There are substantial gaps in the current technologies and service offerings and cannot support this new environment. New services and additional/improved technologies are need in the following
spaces to help create a healthy web services ecosystem:
1) As privacy regulations allow collection of consumer information without violating user privacy, it will become harder to ensure that all companies are complying with regulations. Ensuring compliance will require independent auditors, similar to those in the finance industry, to check the behavior of data collectors. The certification by the auditors will help companies prove they
are accountable to the government as well as end users, so that users can trust the web services providers and are more open to do business with them.
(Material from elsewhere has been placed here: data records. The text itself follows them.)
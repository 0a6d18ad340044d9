-- ===== src/Payload/Build.antt =====
-- `build_payload` of crates/dogeos-reth-payload/src/builder.rs. The block builder is a parameter:
-- its steps before the first and after the last transaction show the inspector hooks as well. The
-- state root is in `finish`; the caches and the trie task are left out.
use dogeos_reth.Prelude.{
  ℕ, Bool, Option, none, some, List, Result, ok, err, ◌>>=◌, if◌then◌else◌, map_err, u64_max,
}
use dogeos_reth.CodeWitness.{Meter, new, begin_transaction}
use dogeos_reth.CodeWitness.Inspector.{Hook, run_hooks}
use dogeos_reth.CodeWitness.Budget.{inspector}
use dogeos_reth.Consensus.{SharedRules}
use dogeos_reth.Payload.{new_info, TxApi, ScrollBuilderConfig}
use dogeos_reth.Payload.GasLimit.{next_block_gas_limit}
use dogeos_reth.Payload.Execute.{
  ScrollPayloadBuilderError, internal, decoding, panicked, Executor, accept_system_code_budget,
}
use dogeos_reth.Payload.Forced.{decode_forced_transactions, Building, run_forced}
use dogeos_reth.Payload.Pool.{
  BestTransactions, Signals, PoolEnd, finished, cancelled, out_of_fuel, failed, pool_loop,
}

-- A step of the block builder outside transactions.
pub record SystemStep (X A : Type 0) : Type 0 where
  pub hooks : List Hook
  pub outcome : Result X A

-- reth's block builder for a block with a gas limit, and the rest of the environment of a job.
pub record BuildEnv (X B T I P : Type 0) : Type 0 where
  pub create_block_builder : ℕ → B
  pub block_gas_limit : B → ℕ
  pub apply_pre_execution_changes : B → Meter → SystemStep X B
  pub executor : Executor X B T
  pub finish : B → Meter → SystemStep X P
  pub decode : List ℕ → Option (T × List ℕ)
  pub best : BestTransactions I T
  pub best_txs : ℕ → I
  pub signals : Signals
  pub is_better_payload : ℕ → Bool
  pub base_fee : ℕ
  pub min_transaction_gas : ℕ

-- `ScrollPayloadAttributes`
pub record ScrollPayloadAttributes : Type 0 where
  pub transactions : Option (List (List ℕ))
  pub no_tx_pool : Bool
  pub gas_limit : Option ℕ

-- reth's `BuildOutcome`; a payload comes with what its building counted.
pub data BuildOutcome (B P : Type 0) : Type 0 where
  better freeze : P → Building B → BuildOutcome B P
  aborted : ℕ → BuildOutcome B P
  cancelled_job : BuildOutcome B P
  -- not of the source: the fuel of the pool loop ran out
  unfinished : BuildOutcome B P

module _ {X B T I P : Type 0} (rules : SharedRules X) (api : TxApi T) (env : BuildEnv X B T I P)
    (config : ScrollBuilderConfig) (attributes : ScrollPayloadAttributes) where
  -- The code of a system step counts in the block; the meter after it.
  unfoldable pub run_system :
      {A : Type 0} → SystemStep X A → Meter → Result (ScrollPayloadBuilderError X) (A × Meter)
  unfolding accept_system_code_budget
  run_system step m = do
    a ← map_err internal step.outcome
    m' ←
        accept_system_code_budget (run_hooks step.hooks (inspector m)).meter
          config.max_code_witness_bytes
    ok (a, m')

  abbrev pub start_building : B → Result (ScrollPayloadBuilderError X) (Building B)
  start_building b = do
    let begun = begin_transaction (new config.max_code_witness_bytes u64_max)
    (b', m) ← run_system (env.apply_pre_execution_changes b begun) begun
    ok (record { builder = b'; meter = m; info = new_info })

  abbrev pub finish_building : Building B → Result (ScrollPayloadBuilderError X) (P × Building B)
  finish_building s = do
    let begun = begin_transaction s.meter
    (payload, m) ← run_system (env.finish s.builder begun) begun
    ok (payload, record s { meter = m })

  abbrev pub freeze_payload : Building B → Result (ScrollPayloadBuilderError X) (BuildOutcome B P)
  freeze_payload s = do (payload, s') ← finish_building s; ok (freeze payload s')

  abbrev pub better_of : Building B → Result (ScrollPayloadBuilderError X) (BuildOutcome B P)
  better_of s = do (payload, s') ← finish_building s; ok (better payload s')

  -- After the pool loop.
  abbrev pub better_payload : PoolEnd X B → Result (ScrollPayloadBuilderError X) (BuildOutcome B P)
  better_payload (finished s) =
      if env.is_better_payload s.info.total_fees
      then better_of s
      else ok (aborted s.info.total_fees)
  better_payload cancelled = ok cancelled_job
  better_payload out_of_fuel = ok unfinished
  better_payload (failed e) = err e

  abbrev pub fill_payload :
      ℕ → ℕ → Building B → Result (ScrollPayloadBuilderError X) (BuildOutcome B P)
  fill_payload fuel block_gas_limit s =
      if attributes.no_tx_pool
      then freeze_payload s
      else better_payload (
          pool_loop api env.executor env.best env.signals config env.min_transaction_gas
            block_gas_limit env.base_fee fuel 0 (env.best_txs env.base_fee) s)

  abbrev pub build_with_gas_limit :
      ℕ → Option ℕ → Result (ScrollPayloadBuilderError X) (BuildOutcome B P)
  build_with_gas_limit fuel none = err panicked
  build_with_gas_limit fuel (some gas_limit) = do
    s ← start_building (env.create_block_builder gas_limit)
    let block_gas_limit = env.block_gas_limit s.builder
    forced ← map_err (λ e. decoding) (decode_forced_transactions env.decode attributes.transactions)
    s' ← run_forced api env.executor config block_gas_limit forced s
    fill_payload fuel block_gas_limit s'

  unfoldable pub build_payload : ℕ → ℕ → Result (ScrollPayloadBuilderError X) (BuildOutcome B P)
  unfolding run_system begin_transaction new decode_forced_transactions run_forced pool_loop
      next_block_gas_limit
  build_payload fuel parent_gas_limit =
      build_with_gas_limit fuel
        (next_block_gas_limit rules attributes.gas_limit config.gas_limit parent_gas_limit)
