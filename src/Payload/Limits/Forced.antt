-- ===== src/Payload/Limits/Forced.antt =====
-- The forced transactions within the limits of the block.
use mathlib.Core.Path.{subst}
use dogeos_reth.Prelude.{
  ℕ, ◌≤◌, ◌<◌, ◌≡◌, refl, true, false, Option, none, some, List, [], ◌∷◌, Result, ok, err,
  Result-cases, Bool-cases, inl, inr, arith, length, ltb, sat_add64, wrap_add64, ap, ◌∙◌, u64_max,
}
use dogeos_reth.CodeWitness.Invariant.{IsMetered}
use dogeos_reth.Payload.{new_info, TxApi, ScrollBuilderConfig}
use dogeos_reth.Payload.Execute.{
  BlockExecutionError, invalid_tx, fatal, Executor, Executed, execute_with_code_budget,
  forced_code_budget_result,
}
use dogeos_reth.Payload.Forced.{
  exceeds, WithEncoded, Building, forced_gas_used, after_forced, push_gas, execute_forced,
  run_forced, da_bytes_from, forced_transactions_da_bytes,
}
use dogeos_reth.Payload.Limits.{da_intro, IsExecutor, IsWithin, executed_gas, executed-IsMetered}

module _ {X B T : Type 0} (size : ℕ → ℕ) (api : TxApi T) (executor : Executor X B T)
    (law : IsExecutor size api executor) (config : ScrollBuilderConfig) (block_gas_limit : ℕ)
    (fits : block_gas_limit < u64_max)
    (da_fits : (limit : ℕ) → config.max_da_block_size ≡ some limit → limit < u64_max) where
  -- The transactions of the block, as bytes for data availability.
  abbrev IsForcedWithin : List (WithEncoded T) → Building B → Type 0
  IsForcedWithin rest s =
      s.info.cumulative_gas_used ≤ block_gas_limit
      × s.info.cumulative_da_bytes_used ≤ u64_max
      × ((limit : ℕ)
          → config.max_da_block_size ≡ some limit
          → da_bytes_from s.info.cumulative_da_bytes_used rest ≤ limit)
      × IsMetered size config.max_code_witness_bytes s.meter

  da_bytes-le :
      (total : ℕ) (txs : List (WithEncoded T)) → total ≤ u64_max → total ≤ da_bytes_from total txs
  unfolding da_bytes_from
  da_bytes-le total [] h = omega arith
  da_bytes-le total (tx ∷ txs) h =
      omega (arith, da_bytes-le (sat_add64 total (length tx.encoded_bytes)) txs (omega arith))

  da_bytes_mono :
      (a b : ℕ) (txs : List (WithEncoded T)) → a ≤ b → da_bytes_from a txs ≤ da_bytes_from b txs
  unfolding da_bytes_from
  da_bytes_mono a b [] h = h
  da_bytes_mono a b (tx ∷ txs) h =
      da_bytes_mono (sat_add64 a (length tx.encoded_bytes)) (sat_add64 b (length tx.encoded_bytes))
        txs (omega arith)

  forced_gas-ok :
      (r : Result (BlockExecutionError X) (Option ℕ)) (g : ℕ)
      → forced_gas_used api executor config block_gas_limit r ≡ ok (some g)
      → r ≡ ok (some g)
  unfolding forced_code_budget_result
  forced_gas-ok (ok none) g h = ground arith
  forced_gas-ok (ok (some n)) g h = ground arith
  forced_gas-ok (err (invalid_tx true)) g h = ground arith
  forced_gas-ok (err (invalid_tx false)) g h = ground arith
  forced_gas-ok (err (fatal e)) g h = ground arith

  after_forced-IsWithin :
      (tx : WithEncoded T) (rest : List (WithEncoded T)) (s : Building B) (done : Executed X B)
      (gas : Option ℕ)
      → IsForcedWithin (tx ∷ rest) s
      → sat_add64 s.info.cumulative_gas_used (api.gas_limit tx.value) ≤ block_gas_limit
      → ((g : ℕ) → gas ≡ some g → g ≤ api.gas_limit tx.value)
      → IsMetered size config.max_code_witness_bytes done.meter
      → IsForcedWithin rest
          (after_forced api executor config block_gas_limit done (length tx.encoded_bytes) s gas)
  unfolding da_bytes_from
  after_forced-IsWithin tx rest s done none v room used met =
      let kept =
        da_bytes_mono s.info.cumulative_da_bytes_used
          (sat_add64 s.info.cumulative_da_bytes_used (length tx.encoded_bytes)) rest
          (omega (arith, v.1)) in
      (v.0, v.1, λ limit e. let total = v.2 limit e in omega arith, met)
  after_forced-IsWithin tx rest s done (some g) v room used met =
      let gas = used g refl in
      let kept =
        da_bytes_mono (wrap_add64 s.info.cumulative_da_bytes_used (length tx.encoded_bytes))
          (sat_add64 s.info.cumulative_da_bytes_used (length tx.encoded_bytes)) rest
          (omega arith) in
      (omega (arith, v.0), omega arith, λ limit e. let total = v.2 limit e in omega arith, met)

  execute_forced-IsWithin :
      (forced : List (WithEncoded T)) (forced_gas : List ℕ) (s s' : Building B)
      → IsForcedWithin forced s
      → execute_forced api executor config block_gas_limit forced forced_gas s ≡ ok s'
      → IsForcedWithin [] s'
  unfolding execute_forced da_bytes_from
  execute_forced-IsWithin [] forced_gas s s' v h =
      let same : s ≡ s' = ground arith in subst (IsForcedWithin []) same v
  execute_forced-IsWithin (tx ∷ rest) forced_gas s s' v h =
      let done = execute_with_code_budget executor s.builder tx.value s.meter in
      elim (Bool-cases (api.is_eip4844 tx.value)) [
        | inl e ↦ let h' = rw e at h in ground arith
        | inr e1 ↦ elim (Bool-cases (api.recovers tx.value)) [
          | inr e ↦ let h' = rw (e1, e) at h in ground arith
          | inl e2 ↦
              elim (Bool-cases (
                ltb block_gas_limit
                  (sat_add64 s.info.cumulative_gas_used (api.gas_limit tx.value)))) [
                    | inl e ↦ let h' = rw (e1, e2, e) at h in ground arith
                    | inr e3 ↦
                        elim (Result-cases
                          (forced_gas_used api executor config block_gas_limit done.outcome)) [
                            | inr (x, e) ↦ let h' = rw (e1, e2, e3, e) at h in ground arith
                            | inl (gas, e) ↦
                                let h' = rw (e1, e2, e3, e) at h in
                                execute_forced-IsWithin rest
                                  (push_gas api executor config block_gas_limit forced_gas gas)
                                  (after_forced api executor config block_gas_limit done
                                    (length tx.encoded_bytes) s gas)
                                  s'
                                  (after_forced-IsWithin tx rest s done gas v (ground arith)
                                    (λ g same.
                                      executed_gas size api executor law s.builder tx.value s.meter
                                        g (forced_gas-ok done.outcome g (e ∙ ap ok same)))
                                    (executed-IsMetered size api executor law
                                      config.max_code_witness_bytes s.builder tx.value s.meter v.3))
                                  h'
                          ]
                  ]
        ]
      ]

  da_exceeds :
      (da : Option ℕ) (bytes limit : ℕ) → exceeds da bytes ≡ false → da ≡ some limit → bytes ≤ limit
  da_exceeds none bytes limit h e = ground arith
  da_exceeds (some l) bytes limit h e = ground arith

  pub run_forced-IsWithin :
      (forced : List (WithEncoded T)) (s s' : Building B)
      → s.info ≡ new_info
      → IsMetered size config.max_code_witness_bytes s.meter
      → run_forced api executor config block_gas_limit forced s ≡ ok s'
      → IsWithin size config block_gas_limit s'
  unfolding run_forced forced_transactions_da_bytes da_bytes_from
  run_forced-IsWithin forced s s' fresh met h =
      elim (Bool-cases (exceeds config.max_da_block_size (forced_transactions_da_bytes forced))) [
        | inl e ↦ let h' = rw e at h in ground arith
        | inr e ↦
            let h' = rw e at h in
            let start : IsForcedWithin forced s = (
              rw fresh (omega arith),
              rw fresh (omega arith),
              λ limit same.
                  rw fresh
                    (da_exceeds config.max_da_block_size (da_bytes_from 0 forced) limit e same),
              met,
            ) in
            let done = execute_forced-IsWithin forced [] s s' start h' in
            record {
              gas = done.0;
              da = da_intro config.max_da_block_size s'.info.cumulative_da_bytes_used done.2;
              metered = done.3;
            }
      ]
2) In the new environment, the companies will still comply with the five core principles of privacy:
Notice/Awareness, Choice/Consent, Access/Participation, Integrity/Security, and Enforcement/Redress. Even though companies are addressing these principles individually, end users cannot access this information in a consistent and uniform way using a single standard taxonomy. Rather, there is an opportunity to make this information easily accessible to the end users across multiple publishers without (a) sharing information from one publisher to another and maintaining individual publishers’ competitive advantage or (b) storing user information in a single place and becoming a target for hackers.